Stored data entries
********************

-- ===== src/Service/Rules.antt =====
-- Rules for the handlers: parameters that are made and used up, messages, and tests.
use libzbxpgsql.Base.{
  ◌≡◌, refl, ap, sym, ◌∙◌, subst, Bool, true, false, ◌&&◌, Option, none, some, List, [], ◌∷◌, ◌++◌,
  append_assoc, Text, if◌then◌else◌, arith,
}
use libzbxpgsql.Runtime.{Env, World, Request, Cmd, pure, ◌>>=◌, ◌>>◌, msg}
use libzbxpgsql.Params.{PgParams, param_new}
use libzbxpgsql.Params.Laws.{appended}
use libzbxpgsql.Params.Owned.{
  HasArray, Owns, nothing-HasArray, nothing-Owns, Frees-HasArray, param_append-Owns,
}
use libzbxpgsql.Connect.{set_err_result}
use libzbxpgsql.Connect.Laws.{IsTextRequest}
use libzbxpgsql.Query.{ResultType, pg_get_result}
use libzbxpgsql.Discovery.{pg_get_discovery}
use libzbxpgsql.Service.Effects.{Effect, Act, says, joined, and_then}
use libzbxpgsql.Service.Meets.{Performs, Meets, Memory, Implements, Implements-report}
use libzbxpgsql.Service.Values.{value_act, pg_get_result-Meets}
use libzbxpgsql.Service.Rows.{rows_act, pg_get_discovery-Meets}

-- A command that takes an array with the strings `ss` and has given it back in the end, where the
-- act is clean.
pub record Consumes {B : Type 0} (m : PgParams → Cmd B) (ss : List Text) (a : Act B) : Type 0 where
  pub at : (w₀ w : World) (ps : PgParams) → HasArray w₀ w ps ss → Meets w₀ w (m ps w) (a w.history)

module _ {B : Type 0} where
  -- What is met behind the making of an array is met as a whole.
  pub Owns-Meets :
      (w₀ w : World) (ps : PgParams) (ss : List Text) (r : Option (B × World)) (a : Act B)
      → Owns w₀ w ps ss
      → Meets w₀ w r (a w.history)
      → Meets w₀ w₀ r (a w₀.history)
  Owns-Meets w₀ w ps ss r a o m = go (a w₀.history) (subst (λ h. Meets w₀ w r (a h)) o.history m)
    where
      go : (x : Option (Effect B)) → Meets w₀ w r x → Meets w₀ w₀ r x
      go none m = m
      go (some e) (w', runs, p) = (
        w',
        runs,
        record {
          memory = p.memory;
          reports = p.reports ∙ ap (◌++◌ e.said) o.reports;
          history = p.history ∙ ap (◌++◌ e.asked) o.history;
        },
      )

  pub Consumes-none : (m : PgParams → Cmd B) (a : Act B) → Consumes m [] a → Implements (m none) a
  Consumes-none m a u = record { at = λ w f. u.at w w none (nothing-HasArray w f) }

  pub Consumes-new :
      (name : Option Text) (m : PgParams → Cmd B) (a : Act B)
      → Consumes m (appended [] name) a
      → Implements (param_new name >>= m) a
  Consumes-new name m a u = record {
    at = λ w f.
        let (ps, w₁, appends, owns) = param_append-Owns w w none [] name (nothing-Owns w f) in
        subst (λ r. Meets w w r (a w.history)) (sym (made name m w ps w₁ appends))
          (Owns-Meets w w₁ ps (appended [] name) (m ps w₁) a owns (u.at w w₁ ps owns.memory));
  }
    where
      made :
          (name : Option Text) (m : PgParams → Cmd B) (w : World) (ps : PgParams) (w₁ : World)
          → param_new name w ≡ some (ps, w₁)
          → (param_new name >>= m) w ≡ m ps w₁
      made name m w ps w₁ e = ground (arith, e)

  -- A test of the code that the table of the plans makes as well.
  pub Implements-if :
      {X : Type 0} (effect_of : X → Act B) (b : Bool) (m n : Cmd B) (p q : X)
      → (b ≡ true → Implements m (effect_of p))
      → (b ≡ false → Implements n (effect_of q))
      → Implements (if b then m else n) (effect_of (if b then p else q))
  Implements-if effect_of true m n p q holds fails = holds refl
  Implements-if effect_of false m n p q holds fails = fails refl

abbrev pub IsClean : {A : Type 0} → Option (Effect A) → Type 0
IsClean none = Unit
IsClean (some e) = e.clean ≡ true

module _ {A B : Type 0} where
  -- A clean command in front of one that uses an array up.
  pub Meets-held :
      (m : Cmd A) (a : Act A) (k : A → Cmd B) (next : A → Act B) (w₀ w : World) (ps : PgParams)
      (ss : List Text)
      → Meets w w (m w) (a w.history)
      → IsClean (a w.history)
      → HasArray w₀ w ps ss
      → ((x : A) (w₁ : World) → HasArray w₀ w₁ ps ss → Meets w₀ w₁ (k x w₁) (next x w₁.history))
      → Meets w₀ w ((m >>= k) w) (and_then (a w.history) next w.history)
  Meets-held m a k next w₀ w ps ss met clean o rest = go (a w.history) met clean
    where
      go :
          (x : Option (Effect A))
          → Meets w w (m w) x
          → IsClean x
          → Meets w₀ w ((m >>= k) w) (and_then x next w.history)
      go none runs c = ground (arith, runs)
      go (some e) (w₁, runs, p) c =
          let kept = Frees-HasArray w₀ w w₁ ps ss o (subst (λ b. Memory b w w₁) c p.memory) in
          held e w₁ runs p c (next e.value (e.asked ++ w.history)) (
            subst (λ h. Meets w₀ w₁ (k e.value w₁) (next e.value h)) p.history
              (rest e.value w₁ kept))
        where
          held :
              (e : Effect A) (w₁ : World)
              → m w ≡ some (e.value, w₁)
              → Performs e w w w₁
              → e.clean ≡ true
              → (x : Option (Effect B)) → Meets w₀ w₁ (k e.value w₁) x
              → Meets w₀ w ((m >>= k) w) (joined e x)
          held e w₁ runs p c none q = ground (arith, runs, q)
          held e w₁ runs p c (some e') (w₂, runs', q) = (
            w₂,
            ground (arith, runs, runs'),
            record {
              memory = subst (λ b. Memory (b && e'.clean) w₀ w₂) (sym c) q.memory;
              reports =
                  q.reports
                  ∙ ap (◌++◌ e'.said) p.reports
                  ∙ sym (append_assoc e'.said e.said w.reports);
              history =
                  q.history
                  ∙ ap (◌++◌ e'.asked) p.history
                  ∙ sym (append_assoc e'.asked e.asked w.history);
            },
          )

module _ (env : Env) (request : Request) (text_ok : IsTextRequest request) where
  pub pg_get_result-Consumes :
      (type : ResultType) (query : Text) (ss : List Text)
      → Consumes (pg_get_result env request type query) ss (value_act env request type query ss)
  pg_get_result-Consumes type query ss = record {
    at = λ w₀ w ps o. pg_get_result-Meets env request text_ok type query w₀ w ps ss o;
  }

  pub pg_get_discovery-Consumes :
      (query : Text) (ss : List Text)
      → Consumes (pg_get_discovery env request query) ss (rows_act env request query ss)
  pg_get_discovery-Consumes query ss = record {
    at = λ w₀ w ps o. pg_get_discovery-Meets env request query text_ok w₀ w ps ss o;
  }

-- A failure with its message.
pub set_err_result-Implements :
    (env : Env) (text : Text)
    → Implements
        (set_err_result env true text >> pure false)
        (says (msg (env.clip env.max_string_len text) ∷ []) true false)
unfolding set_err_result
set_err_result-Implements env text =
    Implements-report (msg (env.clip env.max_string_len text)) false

********************

> _What you need to do_:
Exactly one number is wanted in reply: the count of lines above that hold the string "record".

> _Task response_:
7